Despite relatively strong performances in the face of increasing online competition in recent years, both Nordstrom (NYSE:JWN) and Macy's (NYSE:M) have been caught in a sectorwide selloff. They've fought valiantly, but these storied mall-based retailers have seen their shares fall by as much as 40% amid lackluster same-store-sales growth in their recently reported third quarters.

Yet these two retailers aren't going anywhere anytime soon. Both continue to adapt to a world increasingly focused on Internet purchases, and successfully so. They remain solidly profitable and continue to generate good returns on invested capital, despite the negativity surrounding the sector.

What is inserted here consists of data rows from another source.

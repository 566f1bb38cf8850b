-- ===== src/Backend/SourceReads/Pages.antt =====
-- The pages of the stored articles.
use manifeed.Common.{
  ◌≤◌, ◌≡◌, refl, sym, ◌∙◌, ap, inl, inr, arith, ◌+◌, ◌==◌, ℕ, true, false, ◌&&◌, Option-cases,
  List, [], ◌∷◌, ◌++◌, map, All, length, is_nil, any, count, filter, take, drop, take-add, drop-add,
  take-length, take-nil, drop-nil, sort_by, count-sort_by, length-sort_by, count-map, length-map,
  ordered-map, All-sort_by, IsOrderedBy, sort_by-IsOrderedBy, if-cases, if◌then◌else◌,
}
use mathlib.Core.Path.{ap₂, subst}
use manifeed.Db.{Database, Source}
use manifeed.Backend.SourceReads.{
  SourceRead, SourceFilter, Group, is_listed, is_group, build_source_ids, comes_first, last_row,
  source_read, source_reads, list_rss_sources_read,
}
use manifeed.Backend.SourceReads.Groups.{
  is_id, latest, IsKey, count-group, any-filter, last_row-some, last_row-holds, groups-IsKey,
}

-- A later date, or the same one and an id that is no lower.
abbrev pub IsNewer : Group → Group → Type 0
IsNewer g h =
    (h.sort_published_at ≤ g.sort_published_at)
    × (h.sort_published_at ≡ g.sort_published_at → h.source_id ≤ g.source_id)

module _ (db : Database) (wanted : SourceFilter) where
  -- The rows that the request wants.
  abbrev pub listed : List Source
  listed = filter (is_listed wanted db) db.sources

  -- The key by which a read is sorted: its latest date in the wanted rows, then its id.
  abbrev pub key_of : SourceRead → Group
  key_of r = record { source_id = r.id; sort_published_at = latest r.id listed }

  -- A group is there among the stored rows.
  known-any : (n : ℕ) → any (is_id n) listed ≡ true → any (is_id n) db.sources ≡ true
  known-any n h = known db.sources (sym (any-filter (is_id n) (is_listed wanted db) db.sources) ∙ h)
    where
      known :
          (ss : List Source)
          → any (λ s. is_id n s && is_listed wanted db s) ss ≡ true
          → any (is_id n) ss ≡ true
      known [] e = e
      known (s ∷ ss) e = ground (arith, known ss)

  keys-reads : (gs : List Group) → All (IsKey listed) gs → map key_of (source_reads db gs) ≡ gs
  unfolding source_reads source_read
  keys-reads [] _ = refl
  keys-reads (g ∷ gs) ((known, date), rest) =
      elim (Option-cases (last_row (is_id g.source_id) db.sources)) [
        | inl e ↦
            absurd
              (ground (arith, e, known-any g.source_id known, last_row-some g.source_id db.sources))
        | inr (s, e) ↦
            let id : s.id ≡ g.source_id = last_row-holds g.source_id db.sources e in
            rw (e, source_reads)
              (λ i.
                (record {
                  source_id = id i;
                  sort_published_at = (ap (λ n. latest n listed) id ∙ sym date) i;
                })
                ∷ keys-reads gs rest i)
      ]

  abbrev paged : ℕ → ℕ → List Group → List Group
  paged limit offset gs = take limit (drop offset (sort_by comes_first gs))

  abbrev page : List SourceRead → ℕ → List SourceRead × ℕ
  page reads n = (reads, n)

  -- The early returns give what the page gives.
  nil-reads :
      (n : ℕ) (gs : List Group)
      → (if is_nil gs then page [] n else page (source_reads db gs) n) ≡ page (source_reads db gs) n
  unfolding source_reads
  nil-reads n [] = refl
  nil-reads n (g ∷ gs) = refl

  returns-page :
      (limit offset : ℕ) (gs : List Group)
      → (if length gs == 0
          then page [] 0
          else if is_nil (paged limit offset gs)
          then page [] (length gs)
          else page (source_reads db (paged limit offset gs)) (length gs))
        ≡ page (source_reads db (paged limit offset gs)) (length gs)
  unfolding source_reads
  returns-page limit offset [] =
      ap (λ xs. page (source_reads db xs) 0)
        (sym (ap (take limit) (drop-nil offset) ∙ take-nil limit))
  returns-page limit offset (g ∷ gs) =
      if-cases (λ x. x ≡ page (source_reads db (paged limit offset (g ∷ gs))) (length (g ∷ gs)))
        (length (g ∷ gs) == 0) _ _ (λ e. absurd (ground (arith, e)))
        (λ _. nil-reads (length (g ∷ gs)) (paged limit offset (g ∷ gs)))

  list-page :
      (limit offset : ℕ)
      → list_rss_sources_read db limit offset wanted ≡ (
        source_reads db (paged limit offset (build_source_ids wanted db)),
        length (build_source_ids wanted db),
      )
  unfolding list_rss_sources_read
  list-page limit offset = returns-page limit offset (build_source_ids wanted db)

  reads-append :
      (gs hs : List Group) → source_reads db (gs ++ hs) ≡ source_reads db gs ++ source_reads db hs
  unfolding source_reads
  reads-append [] hs = refl
  reads-append (g ∷ gs) hs = elim (Option-cases (last_row (is_id g.source_id) db.sources)) [
    | inl e ↦ rw (e, source_reads) (reads-append gs hs)
    | inr (s, e) ↦ rw (e, source_reads) (ap (λ r. source_read db s ∷ r) (reads-append gs hs))
  ]

  -- All that the request wants, and the number of it.
  abbrev pub total : ℕ
  total = (list_rss_sources_read db 0 0 wanted).1

  abbrev pub all_reads : List SourceRead
  all_reads = (list_rss_sources_read db total 0 wanted).0

  pub record IsListing : Type 0 where
    pub once :
        (n : ℕ)
        → count (λ r. r.id == n) all_reads
          ≡ (if any (λ s. s.id == n && is_listed wanted db s) db.sources then 1 else 0)
    pub newest_first : IsOrderedBy (λ r s. IsNewer (key_of r) (key_of s)) all_reads
    pub counted : length all_reads ≡ total
    pub joined :
        (m n offset : ℕ)
        → (list_rss_sources_read db (m + n) offset wanted).0
          ≡ (list_rss_sources_read db m offset wanted).0
            ++ (list_rss_sources_read db n (offset + m) wanted).0
    pub same_total : (limit offset : ℕ) → (list_rss_sources_read db limit offset wanted).1 ≡ total

comes_first-IsNewer : (g h : Group) → comes_first g h ≡ true → IsNewer g h
comes_first-IsNewer g h e = (ground (arith, e), λ same. ground (arith, e, same))

later-IsNewer : (g h : Group) → comes_first g h ≡ false → IsNewer h g
later-IsNewer g h e = (ground (arith, e), λ same. ground (arith, e, same))

IsNewer-trans : (g h k : Group) → IsNewer g h → IsNewer h k → IsNewer g k
IsNewer-trans g h k (e, f) (e', f') = (
  omega arith,
  λ same.
      let first : h.sort_published_at ≡ g.sort_published_at = omega arith in
      let second : k.sort_published_at ≡ h.sort_published_at = omega arith in
      omega (arith, f first, f' second),
)

-- The articles that a request wants: with a limit that is high enough each of their ids is listed
-- once, the latest ones first, as many as the total says; two pages that follow each other are the
-- page of both, and the total is the same on every page.
pub list_rss_sources_read-IsListing : (db : Database) (wanted : SourceFilter) → IsListing db wanted
unfolding build_source_ids
list_rss_sources_read-IsListing db wanted = record {
  once = λ n.
      sym (count-map (key_of db wanted) (is_group n) (all_reads db wanted))
      ∙ ap (count (is_group n)) all_keys
      ∙ count-sort_by comes_first (is_group n) groups
      ∙ count-group n (listed db wanted)
      ∙ ap (λ b. if b then 1 else 0) (any-filter (is_id n) (is_listed wanted db) db.sources);
  newest_first = ordered-map IsNewer (key_of db wanted) (all_reads db wanted) (
      subst (IsOrderedBy IsNewer) (sym all_keys) (
        sort_by-IsOrderedBy comes_first IsNewer comes_first-IsNewer later-IsNewer IsNewer-trans
          groups));
  counted =
      sym (length-map (key_of db wanted) (all_reads db wanted))
      ∙ ap length all_keys
      ∙ length-sort_by comes_first groups
      ∙ sym count_total;
  joined = λ m n offset. joined m n offset;
  same_total = λ limit offset. ap (λ p. p.1) (list-page db wanted limit offset) ∙ sym count_total;
}
  where
    groups : List Group
    groups = build_source_ids wanted db

    count_total : total db wanted ≡ length groups
    count_total = ap (λ p. p.1) (list-page db wanted 0 0)

    all_paged : all_reads db wanted ≡ source_reads db (sort_by comes_first groups)
    all_paged =
        ap (λ p. p.0) (list-page db wanted (total db wanted) 0)
        ∙ ap (λ n. source_reads db (take n (sort_by comes_first groups)))
            (count_total ∙ sym (length-sort_by comes_first groups))
        ∙ ap (source_reads db) (take-length (sort_by comes_first groups))

    all_keys : map (key_of db wanted) (all_reads db wanted) ≡ sort_by comes_first groups
    all_keys =
        ap (map (key_of db wanted)) all_paged
        ∙ keys-reads db wanted (sort_by comes_first groups) (
            All-sort_by comes_first (IsKey (listed db wanted)) groups
              (groups-IsKey (listed db wanted)))

    joined :
        (m n offset : ℕ)
        → (list_rss_sources_read db (m + n) offset wanted).0
          ≡ (list_rss_sources_read db m offset wanted).0
            ++ (list_rss_sources_read db n (offset + m) wanted).0
    joined m n offset =
        let sorted = sort_by comes_first groups in
        ap (λ p. p.0) (list-page db wanted (m + n) offset)
        ∙ ap (source_reads db) (take-add m n (drop offset sorted))
        ∙ reads-append db wanted (take m (drop offset sorted))
            (take n (drop m (drop offset sorted)))
        ∙ sym (
            ap₂ (λ xs ys. xs ++ ys) (ap (λ p. p.0) (list-page db wanted m offset))
              (ap (λ p. p.0) (list-page db wanted n (offset + m))
                ∙ ap (λ xs. source_reads db (take n xs)) (drop-add offset m sorted)))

So what's an investor to do? Go shopping, of course! Here's which one of the two should be first on your list.

How did we wind up here?
On Oct. 4, Nordstrom reported surprisingly poor results. The Seattle-based retailer, which had held up extraordinarily well since the depths of the 2008-09 financial crisis, failed to attract increased traffic in the third quarter. Macy's also reported lackluster sales growth when it reported, causing its shares to quickly sell off alongside Nordstrom's. Even J.C. Penney, the scrappy comeback kid of the sector, and retail stalwart Dillard's were dragged down. Simply put, few retail names were spared.

M Chart

Chart by YCharts.

Despite laudable results over the past five years, the group was sold off en masse simply because of one rough quarter. It seems likely that Wall Street has overreacted yet again. 

Valuation
Both Macy's and Nordstrom trade at sizable discounts to their long-term historic valuations:

M Chart

Chart by YCharts.

That's right, ladies and gentlemen. The S&P 500 Index trades at about 20.47  times current earnings, while these two cornerstones of the American retail experience trade for what amounts to an absolute steal. I know what you're thinking: There has to be a catch. Wall Street knows these companies won't grow much, and that's why they're trading for big discounts to their historic valuations and the market.

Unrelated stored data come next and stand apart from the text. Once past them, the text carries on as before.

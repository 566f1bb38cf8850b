-- ===== src/Backend/Toggles.antt =====
-- backend/app/services/rss/rss_toggle_service.py, with the statements that it uses: switching a feed
-- or a company on and off. Whether a commit succeeds is given.
pub mod Outcomes
pub mod Companies
use manifeed.Common.{
  ℕ, Bool, true, false, not, Option, none, some, String, any, find, update, if◌then◌else◌, Outcome,
  ok, err, Error,
}
use manifeed.Db.{Database, Company, Feed, is_feed, is_company}
use manifeed.Backend.Payloads.{company_of}

-- `a == b` of two Booleans
abbrev pub bool_eq : Bool → Bool → Bool
bool_eq true b = b
bool_eq false b = not b

-- `UPDATE rss_feeds SET enabled = … WHERE id = …`, and whether a row was there
unfoldable pub set_rss_feed_enabled : ℕ → Bool → Database → Bool × Database
set_rss_feed_enabled feed_id enabled db = (
  any (is_feed feed_id) db.feeds,
  record db { feeds = update (is_feed feed_id) (λ row. record row { enabled = enabled }) db.feeds },
)

unfoldable pub set_rss_company_enabled : ℕ → Bool → Database → Bool × Database
set_rss_company_enabled company_id enabled db = (
  any (is_company company_id) db.companies,
  record db {
    companies =
        update (is_company company_id) (λ row. record row { enabled = enabled }) db.companies;
  },
)

-- the `try` of a toggle: the update, the check of its count, and the commit
abbrev pub commit_toggle :
    Error → Bool → ℕ × Bool → Database → Bool × Database → Outcome (ℕ × Bool) × Database
commit_toggle missing commits answer before (false, db) = (err missing, before)
commit_toggle missing commits answer before (true, db) =
    if commits then (ok answer, db) else (err Error.driver_error, before)

abbrev pub is_disabled : Option Company → Bool
is_disabled none = false
is_disabled (some c) = not c.enabled

unfoldable pub toggle_found_feed :
    ℕ → Bool → Bool → Option Feed → Database → Outcome (ℕ × Bool) × Database
unfolding set_rss_feed_enabled
toggle_found_feed feed_id enabled commits none db = (err Error.feed_not_found, db)
toggle_found_feed feed_id enabled commits (some feed) db =
    if bool_eq feed.enabled enabled
    then (ok (feed.id, feed.enabled), db)
    else if is_disabled (company_of feed.company_id db)
    then (err Error.toggle_forbidden, db)
    else commit_toggle Error.feed_not_found commits (feed.id, enabled) db
        (set_rss_feed_enabled feed_id enabled db)

unfoldable pub toggle_rss_feed_enabled : ℕ → Bool → Bool → Database → Outcome (ℕ × Bool) × Database
toggle_rss_feed_enabled feed_id enabled commits db =
    toggle_found_feed feed_id enabled commits (find (is_feed feed_id) db.feeds) db

unfoldable pub toggle_found_company :
    ℕ → Bool → Bool → Option Company → Database → Outcome (ℕ × Bool) × Database
unfolding set_rss_company_enabled
toggle_found_company company_id enabled commits none db = (err Error.company_not_found, db)
toggle_found_company company_id enabled commits (some company) db =
    if bool_eq company.enabled enabled
    then (ok (company.id, company.enabled), db)
    else commit_toggle Error.company_not_found commits (company.id, enabled) db
        (set_rss_company_enabled company_id enabled db)

unfoldable pub toggle_rss_company_enabled :
    ℕ → Bool → Bool → Database → Outcome (ℕ × Bool) × Database
toggle_rss_company_enabled company_id enabled commits db =
    toggle_found_company company_id enabled commits (find (is_company company_id) db.companies) db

Sounds reasonable, right? There, too, you'd be wrong.

Macy's and Nordstrom join the dark side
To say online shopping has changed the retail experience forever would be a gross understatement. Heck, I did all of my holiday shopping this year online -- 90% of it on Amazon.com. (Go, Prime!). But you know what my wife did? She went to the mall. More specifically, she went to Macy's for a lot of her shopping. So did her two sisters. And their mother. So did millions of American consumers.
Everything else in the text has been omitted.